A colleague brought to my attention an interesting development in a patent “troll” case in the Southern District of New York that may foreshadow a new approach for companies to defend themselves in these kinds of lawsuits. It is a rather extreme approach, and it will be interesting to see how this case progresses.
According to the two complaints, FindTheBest operates a web site that provides consumers with data-driven comparisons of a wide variety of products and subjects, such as phones, cars, and ski resorts. Lumen View contends that FindTheBest infringes U.S. Patent No. 8,069,073, which relates to a “System and Method for Facilitating Bilateral and Multilateral Decision-Making.”
Lumen View was formed on February 23, 2012 and obtained the patent in suit seven days later. It allegedly conducts no other business aside from filing patent lawsuits and licensing in patents, and has filed more than 20 patent infringement lawsuits relating to the’073 patent in the last 18 months.
On May 30, 2013 (the day after the complaint was filed), FindTheBest claims that it received a letter from Lumen View enclosing the complaint and demanding that FindTheBest pay to settle the lawsuit. Lumen View apparently initially demanded that FindTheBest pay $85,000 for a licensing fee, but dropped that demand to $55,000 the day before FindTheBest’s answer to the complaint was due. FindTheBest rejected Lumen View’s settlement demands and continued with the lawsuit. The parties have submitted a list of claim terms to be construed, and FindTheBest has moved for judgment on the pleadings, arguing that the patent is invalid under 35 U.S.C. § 101.

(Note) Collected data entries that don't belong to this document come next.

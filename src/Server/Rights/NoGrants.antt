-- ===== src/Server/Rights/NoGrants.antt =====
-- The lines of a client, as to who is an admin.
use net_cat.Base.{
  Bytes, codes, bytes_eq, ltb, ℕ, ◌≤◌, Bool, true, false, ◌≡◌, refl, ◌∙◌, Option, none, some, inl,
  inr, arith, Bool-cases,
}
use net_cat.Base.Assoc.{lookup}
use net_cat.Cmd.{CommandDef, commands, level, get_privilege_level}
use net_cat.Server.{Server, Now}
use net_cat.Server.Commands.Inform.{cmd_rooms, cmd_stats, cmd_help}
use net_cat.Server.Commands.Dispatch.{
  Handler, quit, list, rooms, stats, switch, create, help, name, whisper, kick, ban, mute, unmute,
  announce, promote, demote, run_handler, dispatch_handler, dispatch_def, dispatch_command,
  serve_parsed, serve_line, client_command_handlers,
}
use net_cat.Server.Rights.Keep.{prompt_to-rights, reply-rights, send_lines-rights}
use net_cat.Server.Rights.Travel.{cmd_switch-rights, cmd_create-rights}
use net_cat.Server.Rights.Guard.{
  agrees, agrees-lookup, handle_chat_message-rights, cmd_list-rights, cmd_whisper-rights,
  set_last_input-rights,
}
use net_cat.Server.Rights.Grants.{admins_at, of_rights}
use net_cat.Server.Rights.Lines.{
  cmd_kick-admins, cmd_ban-admins, cmd_mute-admins, cmd_unmute-admins, cmd_announce-rights,
  cmd_name-admins,
}

-- The handlers that grant nothing.
abbrev grants_nothing : Option Handler → Bool
grants_nothing none = true
grants_nothing (some promote) = false
grants_nothing (some demote) = false
grants_nothing (some _) = true

commands-agree : agrees 1 grants_nothing commands ≡ true
unfolding agrees commands client_command_handlers lookup bytes_eq codes
commands-agree = refl

module _ (now : Now) (c : ℕ) (args : Bytes) (s : Server) where
  run_handler-admins :
      (h : Handler)
      → grants_nothing (some h) ≡ true
      → admins_at (run_handler h now c args s).1 ≡ admins_at s
  unfolding run_handler cmd_rooms cmd_stats cmd_help
  run_handler-admins quit p = refl
  run_handler-admins list p = of_rights s _ (cmd_list-rights now c s)
  run_handler-admins rooms p = of_rights s _ (prompt_to-rights now c _ ∙ send_lines-rights c _ s)
  run_handler-admins stats p = of_rights s _ (prompt_to-rights now c _ ∙ send_lines-rights c _ s)
  run_handler-admins switch p = of_rights s _ (cmd_switch-rights now c args s)
  run_handler-admins create p = of_rights s _ (cmd_create-rights now c args s)
  run_handler-admins help p = of_rights s _ (prompt_to-rights now c _ ∙ send_lines-rights c _ s)
  run_handler-admins name p = cmd_name-admins now c args s
  run_handler-admins whisper p = of_rights s _ (cmd_whisper-rights now c args s)
  run_handler-admins kick p = cmd_kick-admins now c args s
  run_handler-admins ban p = cmd_ban-admins now c args s
  run_handler-admins mute p = cmd_mute-admins now c args s
  run_handler-admins unmute p = cmd_unmute-admins now c args s
  run_handler-admins announce p = of_rights s _ (cmd_announce-rights now c args s)
  run_handler-admins promote p = cc
  run_handler-admins demote p = cc

  dispatch_handler-admins :
      (cmd_name : Bytes) (o : Option Handler)
      → grants_nothing o ≡ true
      → admins_at (dispatch_handler o now c cmd_name args s).1 ≡ admins_at s
  unfolding dispatch_handler
  dispatch_handler-admins cmd_name none p = of_rights s _ (reply-rights now c _ s)
  dispatch_handler-admins cmd_name (some h) p = run_handler-admins h p

  -- A client is at most an admin.
  at_most_admin :
      (d : CommandDef)
      → ltb (level (get_privilege_level (s.heap c).admin false)) (level d.min_priv) ≡ false
      → level d.min_priv ≤ 1
  unfolding get_privilege_level
  at_most_admin d h = ground arith

  dispatch_def-admins :
      (cmd_name : Bytes) (o : Option CommandDef)
      → lookup cmd_name commands ≡ o
      → admins_at (dispatch_def o now c cmd_name args s).1 ≡ admins_at s
  unfolding dispatch_def
  dispatch_def-admins cmd_name none h = of_rights s _ (reply-rights now c _ s)
  dispatch_def-admins cmd_name (some d) h =
      elim (Bool-cases
        (ltb (level (get_privilege_level (s.heap c).admin false)) (level d.min_priv))) [
          | inl e ↦ rw (e, dispatch_def) (of_rights s _ (reply-rights now c _ s))
          | inr e ↦
              rw (e, dispatch_def)
                (dispatch_handler-admins cmd_name _ (
                  agrees-lookup 1 grants_nothing commands cmd_name d commands-agree h
                    (at_most_admin d e)))
        ]

  dispatch_command-admins :
      (cmd_name : Bytes) → admins_at (dispatch_command now c cmd_name args s).1 ≡ admins_at s
  unfolding dispatch_command
  dispatch_command-admins cmd_name = dispatch_def-admins cmd_name _ refl

serve_parsed-admins :
    (now : Now) (c : ℕ) (line : Bytes) (o : Option (Bytes × Bytes)) (s : Server)
    → admins_at (serve_parsed o now c line s).1 ≡ admins_at s
unfolding serve_parsed
serve_parsed-admins now c line none s = of_rights s _ (handle_chat_message-rights now c line s)
serve_parsed-admins now c line (some (cmd_name, args)) s =
    dispatch_command-admins now c args s cmd_name

-- Whatever line a client types in its session, an admin's included, the admin flags of all clients
-- stay as they are.
pub serve_line-admins :
    (now : Now) (c : ℕ) (line : Bytes) (s : Server)
    → admins_at (serve_line now c line s).1 ≡ admins_at s
unfolding serve_line
serve_line-admins now c line s =
    serve_parsed-admins now c line _ _ ∙ of_rights s _ (set_last_input-rights now c s)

On September 16, 2013, FindTheBest filed an entirely separate lawsuit in the same court against Lumen View, its principals, and other related entities, bringing claims for violating RICO, extortion, abuse of process, civil conspiracy, and unfair business practices. FindTheBest contends that Lumen View engaged in a criminal enterprise by failing to conduct proper due diligence before filing its lawsuits and knowingly pursuing frivolous cases in order to extort settlement money from its targets. Defendants in this second case have not yet answered the complaint.
What This Case Means
This is an interesting and aggressive approach to fighting back against what FindTheBest apparently believes is a frivolous and improper lawsuit. It is curious that it is bringing this second lawsuit at this time—before the first case is even close to being resolved. One wonders how the Court will respond to this second action. Will it allow it to proceed? Will it stay or dismiss the case pending the resolution of the first lawsuit?
Civil RICO cases are generally disfavored by the courts and notoriously hard to prosecute. In general, such a claim would be extremely difficult for a defendant to bring in a standard patent infringement lawsuit because RICO requires a pattern of racketeering activity and multiple victims. In this case, however, because Lumen View allegedly filed multiple extortionate lawsuits against multiple “victims,” FindTheBest may be able to overcome these pleading hurdles.
Regardless, as long as the second lawsuit exists, it creates immense pressure on the patent holder and the persons and companies associated with it and likely completely changes the settlement dynamic. For one thing, Lumen View likely cannot take the approach that Loadsys did against Kapersky Labs and unilaterally drop the lawsuit if it thinks it will not prevail. Such an action would feed right into FindTheBest’s theory that the lawsuit was a sham and increase the chances that FindTheBest could prevail in its lawsuit.
It will be interesting to follow this case and see how it progresses. If nothing else, it gives all parties something more to think about in lawsuits of this type.